Une formation a été dispensée à une centaine d’éleveurs du Sud du Zimbabwe, pour lutter contre la résistance aux antimicrobiens (RAM) grâce à des pratiques agricoles responsables, une biosécurité renforcée et une réduction de l’utilisation des antibiotiques.
Cette initiative, menée par l’Organisation des Nations Unies pour l’alimentation et l’agriculture (FAO), avec le soutien du Fonds Fleming et en partenariat avec le gouvernement du Zimbabwe, s’est conclue la semaine dernière par la remise des diplômes à 106 participants.

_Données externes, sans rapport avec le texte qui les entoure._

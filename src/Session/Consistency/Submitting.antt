-- ===== src/Session/Consistency/Submitting.antt =====
-- `SubmitSession` keeps the invariant.
use mathlib.Core.Path.{subst}
use tao_core_go.Prelude.{
  ℕ, Text, Bool, true, false, ◌&&◌, List, ◌≡◌, refl, sym, ◌∙◌, arith, ◌==◌, text_eq_instance, count,
}
use tao_core_go.Prelude.Rows.{count-update_where, count-update_where_le}
use tao_core_go.Float.{Float64}
use tao_core_go.Models.{status_eq_instance, TestSession, ItemResponse}
use tao_core_go.Store.{Db, World}
use tao_core_go.Session.{Env}
use tao_core_go.Session.Lookup.{Loaded}
use tao_core_go.Session.Start.{belongs, is_open}
use tao_core_go.Session.Submit.{submittable, complete, Services, submit_session}
use tao_core_go.Session.Submit.Scores.{Scores, done, next}
use tao_core_go.Session.Submit.Outcome.{IsCompleted, Submitted, completed_sessions, submit-Submits}
use tao_core_go.Session.Consistency.Invariant.{IsConsistent, Outcome-IsConsistent}

module _ {F : Type 0} ⦃float : Float64 F⦄ (fold : ℕ → ℕ) where
  -- The loop changes no identifier.
  pub Scores-count :
      {d : Text} {db : Db F} {rs rows rows' : List (ItemResponse F)} {total total' : F} (i : Text)
      → Scores fold d db rs total rows total' rows'
      → count (λ (r : ItemResponse F). r.id == i) rows'
        ≡ count (λ (r : ItemResponse F). r.id == i) rows
  Scores-count i (done total rows) = refl
  Scores-count i (next r rs ti total total' rows rows' asked usable rest) =
      Scores-count i rest
      ∙ count-update_where (λ (x : ItemResponse F). x.id == i) (λ x. x.id == r.id) _ rows
          (λ x h e. refl)

  module _ (env : Env) (sid uid : Text) (db : Db F) (c : IsConsistent db) where
    complete_count :
        (q : TestSession F → Bool) (s : TestSession F) (total : F)
        → ((x : TestSession F) → q (complete env.now total x) ≡ q x)
        → count q (completed_sessions fold env sid uid db s total) ≡ count q db.sessions
    complete_count q s total same =
        count-update_where q (submittable s.id s.user_id) (complete env.now total) db.sessions
          (λ x i h. same x)

    IsCompleted-IsConsistent :
        {loaded : Loaded F} {db' : Db F}
        → IsCompleted fold env sid uid db loaded db'
        → IsConsistent db'
    unfolding complete belongs is_open
    IsCompleted-IsConsistent k =
        let rows = completed_sessions fold env sid uid db k.session k.total in
        let after : IsConsistent (record db { responses = k.rows; sessions = rows }) = record {
          session_ids = λ i.
              rw (complete_count (λ x. x.id == i) k.session k.total (λ x. ground arith))
                (c.session_ids i);
          response_ids = λ i. rw (Scores-count i k.scored) (c.response_ids i);
          one_open = λ d u. omega (
            arith,
            c.one_open d u,
            count-update_where_le (λ x. belongs d u x && is_open x)
                (submittable k.session.id k.session.user_id) (complete env.now k.total) db.sessions
                (λ x h. absurd (ground arith)),
          );
          capped = λ d u delivery listed.
              rw (complete_count (belongs d u) k.session k.total (λ x. ground arith))
                (c.capped d u delivery listed);
        } in
        subst IsConsistent (sym k.updated) after

    Submitted-IsConsistent :
        (x : Loaded F × Bool) (db' : Db F) → Submitted fold env sid uid db x db' → IsConsistent db'
    Submitted-IsConsistent (loaded, true) db' k = IsCompleted-IsConsistent k
    Submitted-IsConsistent (loaded, false) db' k = subst IsConsistent (sym k.unchanged) c

  pub submit_session-IsConsistent :
      (services : Services) (env : Env) (sid uid : Text) (w : World F)
      → IsConsistent w.db
      → IsConsistent (submit_session fold services env sid uid w).1.db
  unfolding submit_session
  submit_session-IsConsistent services env sid uid w c =
      Outcome-IsConsistent w.db _ _ c (Submitted-IsConsistent env sid uid w.db c) _ _
        (submit-Submits fold env sid uid w)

Le programme a été mis en œuvre par le biais des Ecoles pratiques
d’élevage de poulets de chair (FFS), qui servent de centres
participatifs pour le transfert de connaissances et les démonstrations
pratiques.
Patrice Talla, coordonnateur sous-régional de la FAO pour l’Afrique
australe, a déclaré que ces remises de diplômes illustrent comment les
FFS dotent les agriculteurs de compétences pratiques pour accroître la productivité tout en promouvant une utilisation raisonnée des antimicrobiens.
« Ces cérémonies témoignent du rôle essentiel des FFS, en particulier
pour les poulets de chair, en tant que centres participatifs de
transfert de connaissances. Elles permettent aux agriculteurs
d’acquérir les compétences nécessaires pour gérer leur production tout en promouvant une utilisation raisonnée des antimicrobiens afin de lutter contre la RAM », a-t-il affirmé. La formation a débuté en
février 2024 par un atelier de trois semaines destiné aux
facilitateurs gouvernementaux et communautaires. Cet atelier a été
suivi de l’identification des agriculteurs, de la mise en place de programmes de formation adaptés au contexte local et de trois cycles complets de production de poulets de chair par unité de formation.
Les agriculteurs ont appris à renforcer la biosécurité, à réduire les risques de maladies et à minimiser le recours aux antibiotiques, conformément à l’initiative RENOFARM de la FAO, qui promeut des systèmes agroalimentaires durables.
M. Talla a indiqué que la FAO prévoit d’étendre ce modèle à davantage de districts, d’intégrer les enseignements tirés à des initiatives agroalimentaires plus vastes et d’intensifier la surveillance, afin de garantir la durabilité et la résilience dans la lutte contre la résistance aux antimicrobiens.